Dataset entries:
[Start of section]

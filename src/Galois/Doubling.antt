-- ===== src/Galois/Doubling.antt =====
-- One round of the loop of the GaloisTable constructor in galois.h, as a map of the field.
use native.Mathlib.Nat.{one-le-pow, div-lt_iff_lt-mul, mod-eq_of_lt, zero-mul, one-mul, zero-div}
use par2tbb.Base.{ℕ, ◌*◌, ◌/◌, ◌%◌, ◌^◌, ◌≤◌, ◌<◌, ◌≡◌, ◌⊎◌, inl, inr}
use par2tbb.Base.{refl, sym, ap, ◌∙◌, arith}
use par2tbb.Base.Bits.{◌⊕◌, xor-shift, xor-lt, xor-double, xor_swap_middle, xor_self}
use par2tbb.Base.Bits.{xor_eq_zero, bit_mul-xor, xor-zero, xor-odd}
use par2tbb.Galois.{Shape, count, double}

-- What a generator needs besides being primitive: `bits + 1` digits, the lowest a one.
pub record IsShape (g : Shape) : Type 0 where
  pub some_bits : 0 < g.bits
  pub in_u32 : count g * 2 ≤ 2 ^ 32
  pub leading : g.generator / count g ≡ 1
  pub odd : g.generator % 2 ≡ 1

-- The digit that the shift moves out.
abbrev pub carry : Shape → ℕ → ℕ
carry g b = b * 2 / count g

module _ {g : Shape} (s : IsShape g) where
  pub count_pos : 0 < count g
  count_pos = one-le-pow g.bits 2 (omega arith)

  carry-lt-two : (b : ℕ) → b < count g → carry g b < 2
  carry-lt-two b h = (div-lt_iff_lt-mul count_pos).1 (omega arith)

  no_wrap : (b : ℕ) → b < count g → b * 2 % 2 ^ 32 ≡ b * 2
  no_wrap b h = mod-eq_of_lt (omega (arith, s.in_u32))

  pub double_low : (b : ℕ) → b < count g → carry g b ≡ 0 → double g b ≡ b * 2
  unfolding double
  double_low b h c = rw (no_wrap b h, c)

  double_high : (b : ℕ) → b < count g → carry g b ≡ 1 → double g b ≡ b * 2 ⊕ g.generator
  unfolding double
  double_high b h c = rw (no_wrap b h, c)

  carry-cases : (b : ℕ) → b < count g → (carry g b ≡ 0) ⊎ (carry g b ≡ 1)
  carry-cases b h = omega (arith, carry-lt-two b h)

  carry-xor : (a b : ℕ) → carry g (a ⊕ b) ≡ carry g a ⊕ carry g b
  carry-xor a b = ap (λ t. t / count g) (sym (xor-double a b)) ∙ xor-shift g.bits (a * 2) (b * 2)

  -- A number below `2 * count` is below `count` if its leading digit is 0.
  lt_of_carry : (x : ℕ) → x / count g ≡ 0 → x < count g
  lt_of_carry x h = omega (arith, (div-lt_iff_lt-mul {k = count g} {x = x} {y = 1} count_pos).0)

  pub double-lt : (b : ℕ) → b < count g → double g b < count g
  double-lt b h = elim (carry-cases b h) [
    | inl c ↦ rw (double_low b h c) (lt_of_carry (b * 2) c)
    | inr c ↦
        rw (double_high b h c)
          (lt_of_carry _ (xor-shift g.bits (b * 2) g.generator ∙ rw (c, s.leading) (refl)))
  ]

  double_lem : (b : ℕ) → b < count g → double g b ≡ b * 2 ⊕ carry g b * g.generator
  double_lem b h = elim (carry-cases b h) [
    | inl c ↦ double_low b h c ∙ sym (rw (c, zero-mul) (xor-zero (b * 2)))
    | inr c ↦ double_high b h c ∙ sym (rw (c, one-mul))
  ]

  pub double-xor :
      (a b : ℕ) → a < count g → b < count g → double g (a ⊕ b) ≡ double g a ⊕ double g b
  double-xor a b p q =
      rw
        (
          double_lem (a ⊕ b) (xor-lt g.bits a b p q),
          double_lem a p,
          double_lem b q,
          carry-xor a b,
          ← xor-double a b,
          bit_mul-xor g.generator (carry g a) (carry g b) (carry-lt-two a p) (carry-lt-two b q),
        )
        (xor_swap_middle (a * 2) (b * 2) (carry g a * g.generator) (carry g b * g.generator))

  -- The generator is odd and a shifted value is even.
  pub double-eq-zero : (b : ℕ) → b < count g → double g b ≡ 0 → b ≡ 0
  double-eq-zero b h e = elim (carry-cases b h) [
    | inl c ↦ omega (arith, double_low b h c)
    | inr c ↦ absurd (omega (arith, double_high b h c, xor-odd (b * 2) g.generator, s.odd))
  ]

  pub double-zero : double g 0 ≡ 0
  double-zero = double_low 0 count_pos (zero-div (count g))

  pub double_inj : (a b : ℕ) → a < count g → b < count g → double g a ≡ double g b → a ≡ b
  double_inj a b p q e =
      xor_eq_zero a b
        (double-eq-zero (a ⊕ b) (xor-lt g.bits a b p q) (double-xor a b p q ∙ rw e (xor_self _)))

[End of section]

▶ Aim of the exercise:
Copy out each line of the data exactly.

▶ Exercise solution:
filename src/Galois/Doubling.antt
-- ===== src/Galois/Doubling.antt =====
-- One round of the loop of the GaloisTable constructor in galois.h, as a map of the field.
use native.Mathlib.Nat.{one-le-pow, div-lt_iff_lt-mul, mod-eq_of_lt, zero-mul, one-mul, zero-div}
use par2tbb.Base.{ℕ, ◌*◌, ◌/◌, ◌%◌, ◌^◌, ◌≤◌, ◌<◌, ◌≡◌, ◌⊎◌, inl, inr}
use par2tbb.Base.{refl, sym, ap, ◌∙◌, arith}
use par2tbb.Base.Bits.{◌⊕◌, xor-shift, xor-lt, xor-double, xor_swap_middle, xor_self}
use par2tbb.Base.Bits.{xor_eq_zero, bit_mul-xor, xor-zero, xor-odd}
use par2tbb.Galois.{Shape, count, double}

-- What a generator needs besides being primitive: `bits + 1` digits, the lowest a one.
pub record IsShape (g : Shape) : Type 0 where
  pub some_bits : 0 < g.bits
  pub in_u32 : count g * 2 ≤ 2 ^ 32
  pub leading : g.generator / count g ≡ 1
  pub odd : g.generator % 2 ≡ 1

-- The digit that the shift moves out.
abbrev pub carry : Shape → ℕ → ℕ
carry g b = b * 2 / count g

module _ {g : Shape} (s : IsShape g) where
  pub count_pos : 0 < count g
  count_pos = one-le-pow g.bits 2 (omega arith)

  carry-lt-two : (b : ℕ) → b < count g → carry g b < 2
  carry-lt-two b h = (div-lt_iff_lt-mul count_pos).1 (omega arith)

  no_wrap : (b : ℕ) → b < count g → b * 2 % 2 ^ 32 ≡ b * 2
  no_wrap b h = mod-eq_of_lt (omega (arith, s.in_u32))

  pub double_low : (b : ℕ) → b < count g → carry g b ≡ 0 → double g b ≡ b * 2
  unfolding double
  double_low b h c = rw (no_wrap b h, c)

  double_high : (b : ℕ) → b < count g → carry g b ≡ 1 → double g b ≡ b * 2 ⊕ g.generator
  unfolding double
  double_high b h c = rw (no_wrap b h, c)

  carry-cases : (b : ℕ) → b < count g → (carry g b ≡ 0) ⊎ (carry g b ≡ 1)
  carry-cases b h = omega (arith, carry-lt-two b h)

  carry-xor : (a b : ℕ) → carry g (a ⊕ b) ≡ carry g a ⊕ carry g b
  carry-xor a b = ap (λ t. t / count g) (sym (xor-double a b)) ∙ xor-shift g.bits (a * 2) (b * 2)

  -- A number below `2 * count` is below `count` if its leading digit is 0.
  lt_of_carry : (x : ℕ) → x / count g ≡ 0 → x < count g
  lt_of_carry x h = omega (arith, (div-lt_iff_lt-mul {k = count g} {x = x} {y = 1} count_pos).0)

  pub double-lt : (b : ℕ) → b < count g → double g b < count g
  double-lt b h = elim (carry-cases b h) [
    | inl c ↦ rw (double_low b h c) (lt_of_carry (b * 2) c)
    | inr c ↦
        rw (double_high b h c)
          (lt_of_carry _ (xor-shift g.bits (b * 2) g.generator ∙ rw (c, s.leading) (refl)))
  ]

  double_lem : (b : ℕ) → b < count g → double g b ≡ b * 2 ⊕ carry g b * g.generator
  double_lem b h = elim (carry-cases b h) [
    | inl c ↦ double_low b h c ∙ sym (rw (c, zero-mul) (xor-zero (b * 2)))
    | inr c ↦ double_high b h c ∙ sym (rw (c, one-mul))
  ]

  pub double-xor :
      (a b : ℕ) → a < count g → b < count g → double g (a ⊕ b) ≡ double g a ⊕ double g b
  double-xor a b p q =
      rw
        (
          double_lem (a ⊕ b) (xor-lt g.bits a b p q),
          double_lem a p,
          double_lem b q,
          carry-xor a b,
          ← xor-double a b,
          bit_mul-xor g.generator (carry g a) (carry g b) (carry-lt-two a p) (carry-lt-two b q),
        )
        (xor_swap_middle (a * 2) (b * 2) (carry g a * g.generator) (carry g b * g.generator))

  -- The generator is odd and a shifted value is even.
  pub double-eq-zero : (b : ℕ) → b < count g → double g b ≡ 0 → b ≡ 0
  double-eq-zero b h e = elim (carry-cases b h) [
    | inl c ↦ omega (arith, double_low b h c)
    | inr c ↦ absurd (omega (arith, double_high b h c, xor-odd (b * 2) g.generator, s.odd))
  ]

  pub double-zero : double g 0 ≡ 0
  double-zero = double_low 0 count_pos (zero-div (count g))

  pub double_inj : (a b : ℕ) → a < count g → b < count g → double g a ≡ double g b → a ≡ b
  double_inj a b p q e =
      xor_eq_zero a b
        (double-eq-zero (a ⊕ b) (xor-lt g.bits a b p q) (double-xor a b p q ∙ rw e (xor_self _)))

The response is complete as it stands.